Top quarks can be produced in many ways. Top quark-antiquark pairs are the most common, and particle physicists have seen single top quarks on their own. But, much more rarely, it should also be possible that four top quarks are simultaneously produced! That would mean two top quarks and two top antiquarks coming from the same collision. The standard model predicts how often this happens using a quantity called the cross section. The predicted cross section to produce four top quarks is a very tiny value: only 12 femtobarn. That’s 65000 times smaller than the top quark pair cross section. For each collision producing four top quarks, we expect 4000 collisions producing Higgs bosons!
Searching for events with four top quarks is challenging, but definitely worth it.

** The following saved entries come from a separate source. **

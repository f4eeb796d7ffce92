-- ===== src/Osal/Wait/Returns.antt =====
-- What a wait leaves behind, and that a call with a time limit comes back.
use mathlib.Core.Option
use wl_hosted_core.Prelude.{
  ℕ, ◌≤◌, ◌≡◌, ◌≢◌, refl, sym, subst, ◌⊎◌, inl, inr, arith, Bool, true, false, List, [], ◌∷◌, ◌++◌,
  Option, none, some, ◌==◌, leb, not, ◌||◌, if_cases, if_true,
}
use wl_hosted_core.Osal.Wait.{
  no_wait, wait_forever, LockAttempt, lock_with_timeout, Wake, wait_condition, await, under_lock,
  is_acquired, is_busy,
}

-- The state that the first so many waits leave behind, each of them with what the other threads do
-- during it, in their order, and nothing else.
pub data Reached {S : Type 0} : List (Wake S) → S → S → Type 0 where
  here : {wakes : List (Wake S)} {s : S} → Reached wakes s s
  behind :
      {wake : Wake S} {wakes : List (Wake S)} {s t : S}
      → Reached wakes (wake.others s) t
      → Reached (wake ∷ wakes) s t

-- Where a wait that has ended leaves the state; if it ended by its test, the test says so.
abbrev pub Ended : {S : Type 0} → (S → Bool) → (S → Type 0) → Option (Bool × S) → Type 0
Ended {S} blocked P o =
    (ok : Bool) (s1 : S) → o ≡ some (ok, s1) → P s1 × (ok ≡ true → blocked s1 ≡ false)

-- What holds behind the wait holds of a call that waits under its lock and then does `f`.
pub under_lock-ended :
    {S R : Type 0} (blocked : S → Bool) (P : S → Type 0) (Q : R → Type 0) (f : Bool × S → R)
    (lock : Option Bool) (refused : R) (o : Option (Bool × S))
    → Q refused
    → ((ok : Bool) (s : S) → P s × (ok ≡ true → blocked s ≡ false) → Q (f (ok, s)))
    → Ended blocked P o
    → (r : R) → under_lock lock refused (Option.map f o) ≡ some r
    → Q r
unfolding under_lock
under_lock-ended blocked P Q f none refused o qr step ended r e = cc
under_lock-ended blocked P Q f (some false) refused o qr step ended r e =
    let same : refused ≡ r = cc in subst Q same qr
under_lock-ended blocked P Q f (some true) refused none qr step ended r e = cc
under_lock-ended blocked P Q f (some true) refused (some (ok, s)) qr step ended r e =
    let same : f (ok, s) ≡ r = cc in subst Q same (step ok s (ended ok s refl))

pub under_lock-returns :
    {S R : Type 0} (f : Bool × S → R) (lock : Option Bool) (refused : R) (o : Option (Bool × S))
    → (ok : Bool) × (lock ≡ some ok)
    → (r : Bool × S) × (o ≡ some r)
    → (r : R) × (under_lock lock refused (Option.map f o) ≡ some r)
unfolding under_lock
under_lock-returns f lock refused o (false, e) ended = (refused, rw e)
under_lock-returns f lock refused o (true, e) (r, e1) = (f r, rw (e, e1))

module _ {S : Type 0} (blocked : S → Bool) (timeout_ms deadline_ms : ℕ) where
  wait_condition_lem :
      (wake : Wake S) (s : S)
      → let (woken, after) = wait_condition timeout_ms deadline_ms wake s in
        (woken ≡ true → after ≡ wake.others s)
        × (woken ≡ false → (after ≡ s) ⊎ (after ≡ wake.others s))
  unfolding wait_condition
  wait_condition_lem wake s =
      let Goal = λ (r : Bool × S).
        (r.0 ≡ true → r.1 ≡ wake.others s) × (r.0 ≡ false → (r.1 ≡ s) ⊎ (r.1 ≡ wake.others s)) in
      if_cases Goal (timeout_ms == wait_forever) (λ _. (λ _. refl, λ _. inr refl))
        (λ _.
          if_cases Goal (timeout_ms == no_wait) (λ _. (λ e. cc, λ _. inl refl))
            (λ _.
              if_cases Goal (leb deadline_ms wake.clock) (λ _. (λ e. cc, λ _. inl refl))
                (λ _. (λ _. refl, λ _. inr refl))))

  -- Behind its limit a wait does not last.
  wait_condition-late :
      (wake : Wake S) (s : S)
      → timeout_ms ≢ wait_forever
      → deadline_ms ≤ wake.clock
      → (wait_condition timeout_ms deadline_ms wake s).0 ≡ false
  unfolding wait_condition
  wait_condition-late wake s limited passed = ground arith

  by_test : (P : S → Type 0) (s : S) → P s → blocked s ≡ false → Ended blocked P (some (true, s))
  by_test P s ps free ok s1 e =
      let same : s ≡ s1 = cc in (subst P same ps, λ _. subst (λ t. blocked t ≡ false) same free)

  by_failure : (P : S → Type 0) (s : S) → P s → Ended blocked P (some (false, s))
  by_failure P s ps ok s1 e = let same : s ≡ s1 = cc in (subst P same ps, λ good. cc)

  -- A wait ends behind what the other threads have done meanwhile; if it ends by its test, the
  -- test says so.
  pub await-Reached :
      (wakes : List (Wake S)) (s : S)
      → Ended blocked (Reached wakes s) (await blocked timeout_ms deadline_ms wakes s)
  unfolding await
  await-Reached [] s =
      if_cases (Ended blocked (Reached [] s)) (blocked s) (λ _ ok s1 e. cc)
        (λ free. by_test (Reached [] s) s Reached.here free)
  await-Reached (wake ∷ wakes) s =
      let after = wait_condition timeout_ms deadline_ms wake s in
      let moved = wait_condition_lem wake s in
      let All_wakes = Reached (wake ∷ wakes) s in
      if_cases (Ended blocked All_wakes) (blocked s)
        (λ _.
          if_cases (Ended blocked All_wakes) after.0
            (λ woken ok s1 e.
              let (reached, free) = await-Reached wakes after.1 ok s1 e in
              (Reached.behind (subst (λ t. Reached wakes t s1) (moved.0 woken) reached), free))
            (λ late. by_failure All_wakes after.1 (elim (moved.1 late) [
              | inl same ↦ subst All_wakes (sym same) Reached.here
              | inr others ↦ subst All_wakes (sym others) (Reached.behind Reached.here)
            ])))
        (λ free. by_test All_wakes s Reached.here free)

  -- A wait with a limit ends, at the latest when it is tried once after the limit.
  pub await-returns :
      (early : List (Wake S)) (late : Wake S) (rest : List (Wake S)) (s : S)
      → timeout_ms ≢ wait_forever
      → deadline_ms ≤ late.clock
      → (r : Bool × S) × (await blocked timeout_ms deadline_ms (early ++ (late ∷ rest)) s ≡ some r)
  unfolding await
  await-returns [] late rest s limited passed =
      if_cases (λ o. (r : Bool × S) × (o ≡ some r)) (blocked s)
        (λ _.
          rw (wait_condition-late late s limited passed)
            ((false, (wait_condition timeout_ms deadline_ms late s).1), refl))
        (λ _. ((true, s), refl))
  await-returns (wake ∷ early) late rest s limited passed =
      let after = wait_condition timeout_ms deadline_ms wake s in
      if_cases (λ o. (r : Bool × S) × (o ≡ some r)) (blocked s)
        (λ _.
          if_cases (λ o. (r : Bool × S) × (o ≡ some r)) after.0
            (λ _. await-returns early late rest after.1 limited passed)
            (λ _. ((false, after.1), refl)))
        (λ _. ((true, s), refl))

pub lock_with_timeout-returns :
    (timeout_ms deadline_ms : ℕ) (early : List LockAttempt) (late : LockAttempt)
    (rest : List LockAttempt)
    → timeout_ms ≢ wait_forever
    → deadline_ms ≤ late.clock
    → (ok : Bool) × (lock_with_timeout timeout_ms deadline_ms (early ++ (late ∷ rest)) ≡ some ok)
unfolding lock_with_timeout
lock_with_timeout-returns timeout_ms deadline_ms [] late rest limited passed =
    if_cases (λ o. (ok : Bool) × (o ≡ some ok)) (timeout_ms == wait_forever) (λ _. (_, refl))
      (λ _.
        if_cases (λ o. (ok : Bool) × (o ≡ some ok)) (is_acquired late.result) (λ _. (_, refl))
          (λ _.
            if_true (λ o. (ok : Bool) × (o ≡ some ok))
              (not (is_busy late.result) || timeout_ms == no_wait || leb deadline_ms late.clock)
              (lock_with_timeout timeout_ms deadline_ms rest) (ground arith) (_, refl)))
lock_with_timeout-returns timeout_ms deadline_ms (attempt ∷ early) late rest limited passed =
    if_cases (λ o. (ok : Bool) × (o ≡ some ok)) (timeout_ms == wait_forever) (λ _. (_, refl))
      (λ _.
        if_cases (λ o. (ok : Bool) × (o ≡ some ok)) (is_acquired attempt.result) (λ _. (_, refl))
          (λ _.
            if_cases (λ o. (ok : Bool) × (o ≡ some ok))
              (not (is_busy attempt.result)
                || timeout_ms == no_wait
                || leb deadline_ms attempt.clock)
              (λ _. (_, refl))
              (λ _.
                lock_with_timeout-returns timeout_ms deadline_ms early late rest limited passed)))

New undiscovered particles, or even just the interaction between the top quark and the Higgs boson being different from what we expect, would change (likely increase) how often four top quarks are made. At the same time, four top quark production leads to spectacular events. Each top quark breaks up into a W boson and a bottom quark, and every quark creates a distinctive spray of particles called a jet. The W boson can produce a charged lepton and a neutrino, or two quark jets. This means that the detector signature that physicists use to identify four top quark events varies drastically, and can contain anything from zero up to four charged leptons, such as muons or electrons, and up to twelve jets. The search for four top quark events focuses on one of the busiest signatures that we study at the LHC. It is very challenging, especially in the case of the signatures with a small number of charged leptons.
Figure 1: Fraction of tttt events resulting in 0, 1, 2 or at least 3 leptons (muons or electrons). Events with 2 leptons are split according to the electric charges: opposite charge (OS) or same charge (SS) leptons.
In the new result, CMS focuses for the first time on the scenario where only jets are produced. A new machine learning algorithm has been used, not only to distinguish the four top quark events from other kinds of collisions (uninteresting events that we call background), but also (for the first time at the LHC) to predict the behaviour of that background using the measured data, after having been trained to predict the background properties using simulated events.
For the signatures where only one or two opposite charge electrons or muons are expected, the main challenge is to identify the background coming from top quark pairs, sometimes produced simultaneously with Higgs, W, and Z bosons. Advances in experimental techniques and background evaluation, typically using more machine learning, improve our insight and understanding of these kinds of LHC events.
Figure 2: Event display of a candidate tttt event with one of the top quark candidates producing a jet originating from a b quark (b jet), a muon and a neutrino (that the CMS experiment cannot directly detect). The additional jets could come from the other three top quarks.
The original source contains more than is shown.